肥料分の少ない堆肥 わらや木屑、植物を原料にした堆肥です。腐葉土などに近い種類の堆肥で、主に土壌改良に効果があります。炭素量が20以上のものをいいます。 豊かな土を作る微生物や、ミミズのエサになる成分が多く含まれているので柔らかな通気性のある畑を作ります。ミミズは土を柔らかくするだけではなく、ミミズの消化管を通った土のなかには、、チッソ、リン酸、カリ、マグネシュームが豊富に含まれているので、野菜が育ちやすい土になります。 肥料分の多い堆肥 家畜の糞などを多く使った堆肥で、炭素量は20以下のものをいいます。 鶏糞や豚糞を混ぜて作ったもので、チッソ分が多く含まれるので、他の肥料を施すときは加減して使う必要があります。厩堆肥でも、牛糞を使った堆肥はチッソ分が少なく、どちらかといえば土壌改良用の堆肥です。化学肥料には少ない微量要素が豊かに含まれているので野菜の生育を助け、有機肥料独特の美味しい野菜作りに便利な堆肥です。

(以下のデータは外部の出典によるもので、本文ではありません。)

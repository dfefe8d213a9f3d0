-- ===== src/TcpServer/Sessions.antt =====
-- A server with the objects of its connections, in the thread of its loop: `TcpServer` together with the
-- handlers of `TcpConnection` and the functions that both hand to the loop. `removeConnection` runs
-- `removeConnectionInLoop` at once there, and `connectDestoryed` waits in the queue.
pub mod Inv
mod Steps
pub mod Ends
mod Examples
use learn_for_cpp.Base.{ℕ, Bool, true, false, Option, none, some, List, [], ◌∷◌, ◌++◌, put, ◌>>=◌}
use learn_for_cpp.Buffer.{Readv, failed, got}
use learn_for_cpp.Acceptor
use learn_for_cpp.Acceptor.{Accept}
use learn_for_cpp.TcpConnection
use learn_for_cpp.TcpConnection.{
  Connection, Write, connect_established, connect_destroyed, handle_read, handle_write,
  handle_close, send,
}
use learn_for_cpp.TcpServer.{Server, accept_event, remove_connection_in_loop}

pub record World : Type 0 where
  pub server : Server
  -- The objects that the map or the queue keeps.
  pub conns : ℕ → Option Connection
  -- The connections whose `connectDestoryed` is queued.
  pub queue : List ℕ

unfoldable pub new_world : Server → World
new_world s = record { server = s; conns = λ n. none; queue = [] }

-- `newConnection` makes the object and establishes it.
abbrev pub establish : World → Server → Option ℕ → Option World
establish w s none = some (record w { server = s })
establish w s (some sockfd) = do
  conn ← connect_established (TcpConnection.new_connection sockfd)
  some (record w { server = s; conns = put w.conns w.server.next_conn (some conn) })

-- The listening socket is readable.
unfoldable pub accept : World → Accept → Option World
accept w r = do
  (sockfd, a) ← Acceptor.handle_read true w.server.acceptor r
  s ← accept_event w.server r
  establish w s sockfd

-- The close callback of connection `n`, whose object is now `conn`.
pub remove_connection : World → ℕ → Connection → Option World
remove_connection w n conn = do
  s ← remove_connection_in_loop w.server n
  some (record w { server = s; conns = put w.conns n (some conn); queue = w.queue ++ (n ∷ []) })

-- The peer closed: `handleClose`.
pub close_event : World → ℕ → Option World
close_event w n = do conn ← w.conns n; conn' ← handle_close conn; remove_connection w n conn'

-- `handleRead`, which calls `handleClose` where no byte came.
abbrev pub after_read : World → ℕ → Connection → Readv → Option World
after_read w n conn (got []) = remove_connection w n conn
after_read w n conn r = some (record w { conns = put w.conns n (some conn) })

unfoldable pub read_event : World → ℕ → Readv → Option World
read_event w n r = do conn ← w.conns n; conn' ← handle_read conn r; after_read w n conn' r

unfoldable pub write_event : World → ℕ → Write → Option World
write_event w n wr = do
  conn ← w.conns n
  conn' ← handle_write conn wr
  some (record w { conns = put w.conns n (some conn') })

-- The user's calls.
unfoldable pub send_to : World → ℕ → List ℕ → Write → Option World
send_to w n message wr = do
  conn ← w.conns n
  conn' ← send conn true message wr
  some (record w { conns = put w.conns n (some conn') })

unfoldable pub shut_down : World → ℕ → Option World
shut_down w n = do
  conn ← w.conns n
  some (record w { conns = put w.conns n (some (TcpConnection.shutdown conn true)) })

-- `doPendingFunctions`: each object ends with the function that is bound to it.
pub run_queue : List ℕ → World → Option World
run_queue [] w = some w
run_queue (n ∷ ns) w = do
  conn ← w.conns n
  conn' ← connect_destroyed conn
  run_queue ns (record w { conns = put w.conns n none })

pub do_pending : World → Option World
do_pending w = run_queue w.queue (record w { queue = [] })
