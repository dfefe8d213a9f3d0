-- ===== src/TcpServer/Sessions/Inv.antt =====
-- What holds of the objects of a server between the events.
use learn_for_cpp.Base.{
  ℕ, ◌+◌, ◌≤◌, ◌≡◌, refl, inl, inr, Bool, true, false, not, ◌&&◌, Option, Bool-cases, none, some,
  List, [], ◌∷◌, ◌++◌, arith, put, ◌==◌, if◌then◌else◌,
}
use learn_for_cpp.TcpConnection.{Connection}
use learn_for_cpp.TcpConnection.Lifecycle.{lives}
use learn_for_cpp.TcpServer.{Server, queue_destroy, remove_connection_in_loop}
use learn_for_cpp.TcpServer.Sessions.{World, remove_connection}

abbrev pub is_mapped : Option ℕ → Bool
is_mapped none = false
is_mapped (some loop) = true

abbrev pub count : ℕ → List ℕ → ℕ
count n [] = 0
count n (m ∷ ms) = (if n == m then 1 else 0) + count n ms

-- An object is there exactly while it is in the map or its end is queued, once.
abbrev pub fits : Option Connection → Bool → ℕ → Bool
fits none mapped queued = not mapped && (queued == 0)
fits (some conn) mapped queued = lives conn && (if mapped then queued == 0 else queued == 1)

pub record Inv (w : World) : Type 0 where
  pub each :
      (n : ℕ) → fits (w.conns n) (is_mapped (w.server.connections n)) (count n w.queue) ≡ true
  pub unused : (n : ℕ) → w.server.next_conn ≤ n → w.conns n ≡ none

pub count-append :
    (n m : ℕ) (q : List ℕ) → count n (q ++ (m ∷ [])) ≡ count n q + (if n == m then 1 else 0)
count-append n m [] = ground arith
count-append n m (k ∷ q) = ground (arith, count-append n m q)

-- A live object may be replaced by another.
pub put-Inv :
    (w : World) (n : ℕ) (c c' : Connection)
    → Inv w
    → w.conns n ≡ some c
    → lives c' ≡ true
    → Inv (record w { conns = put w.conns n (some c') })
put-Inv w n c c' i here live = record {
  each = λ m. elim (Bool-cases (m == n)) [
    | inl it ↦
        let mn : m ≡ n = ground (arith, it) in
        let before = i.each n in ground (arith, mn, before, here, live)
    | inr other ↦ let before = i.each m in ground (arith, other, before)
  ];
  unused = λ m h. elim (Bool-cases (m == n)) [
    | inl it ↦ let gone = i.unused m h in ground (arith, gone, it, here)
    | inr other ↦ let gone = i.unused m h in ground (arith, gone, other)
  ];
}

-- A connection in the map may be removed.
pub remove_connection-Inv :
    (w : World) (n loop : ℕ) (c c' : Connection)
    → Inv w
    → w.server.connections n ≡ some loop
    → w.conns n ≡ some c
    → lives c' ≡ true
    → (w' : World) × (remove_connection w n c' ≡ some w')
      × (w'.server.connections ≡ put w.server.connections n none)
      × (w'.conns ≡ put w.conns n (some c'))
      × (w'.queue ≡ w.queue ++ (n ∷ []))
      × Inv w'
unfolding remove_connection remove_connection_in_loop
remove_connection-Inv w n loop c c' i there here live =
    let s : Server = record (w.server) {
      connections = put w.server.connections n none;
      effects = queue_destroy loop n ∷ w.server.effects;
    } in
    let after : World = record w {
      server = s;
      conns = put w.conns n (some c');
      queue = w.queue ++ (n ∷ []);
    } in
    let i' = put-Inv w n c c' i here live in
    let inv : Inv after = record {
      each = λ m. elim (Bool-cases (m == n)) [
        | inl it ↦
            let mn : m ≡ n = ground (arith, it) in
            let before = i.each n in
            ground (arith, mn, before, there, here, live, count-append n n w.queue)
        | inr other ↦
            let before = i.each m in ground (arith, other, before, count-append m n w.queue)
      ];
      unused = i'.unused;
    } in
    (after, ground (arith, there), refl, refl, refl, inv)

堆肥化はアルカリ条件下で微生物の力を利用し、好気的に温度を高めて分解させて作られたものであり、ボカシ肥は土と混合して熟成し肥料成分薄めて作物の根が障害を受けにくくしたものです。ボカシ肥は微生物活動によって作られていても堆肥ではなく、有機肥料の仲間に入ります。 ボカシ肥は種類が多く、土を入れないで作るものもあり、化学肥料を混合するものや、米糠に糖蜜や微生物資材を混合して嫌気性発酵したものもあります。 堆肥を使うとどんな効果があるか 堆肥には肥料の三大要素のほかに微量要素が供給される効果があり、増収、品質の向上、収穫の安定などの利点は大きい。堆肥の連用によってふかふかな通気性が豊かで保水性、排水性など土壌の改良がすすみ、安定した作物を栽培する基礎ができあがります。 完熟堆肥を使おう 未熟な堆肥を畑にいれると、細菌や糸状菌が急激に増え、その呼吸ガスや代謝産物が作物の根に障害を与えます。完熟堆肥とは分解するものがなくなり肥料成分が無機化して、作物が吸収できる状態になっているものをいいます。作物には障害を与えない安心して使える完熟堆肥を使いましょう。 未熟堆肥はどうするか 1ヶ月以上早めに畑に入れ分解を促します。未熟堆肥を畑に入れ、酸素の供給をよくするため浅めによく耕運しておきます。深く施用すると嫌気状態になって根は障害を受けやすくなります。 作付け後であれば、土の表面を覆うように散布しておき、直接根と接触しないで土の表面で分解させ、養分が次第に沁みこんでいくようにします。 完熟堆肥と未熟堆肥の見分け方 ミミズの反応によって見分ける方法。コップに1/3ほど少し湿った位の堆肥を入れて、観察します。 未熟堆肥:入れた直後に逃亡しようとする。1日で死滅する。 中熟堆肥:入れた直後多少嫌がる。1日後色が変化し、動きが悪くなる。 完熟堆肥:入れた直後すぐもぐる。1日後も変化なく元気。 私たちがホームセンターで購入する堆肥には発酵を促すため、動物の糞尿が使われていることが推測されます。東京都立衛生研究所の発表によると、ゼロパーセント近くまで減っていた日本人の寄生虫卵保有率が復活の兆しが現れていて、この原因に堆肥を多用した有機栽培の野菜との関係を疑われています。通常は堆肥の製造工程中の加熱によって寄生虫を死滅させるなどとされていますが、果たして確認検査がどれほどなされているのでしょうか。 更に動物の糞尿には、使われた餌、抗生物質や飼料添加物などの残留が、検査基準のないまま使用されていると言う問題も気にかかることです。 究極の安全な肥料は植物質だけを使い、時間をかけて完熟した堆肥ということになりますが、現実の農業ではその方向にはないようです。 私たち安全野菜の栽培をめざしている家庭菜園では突き詰めて考えたい問題です。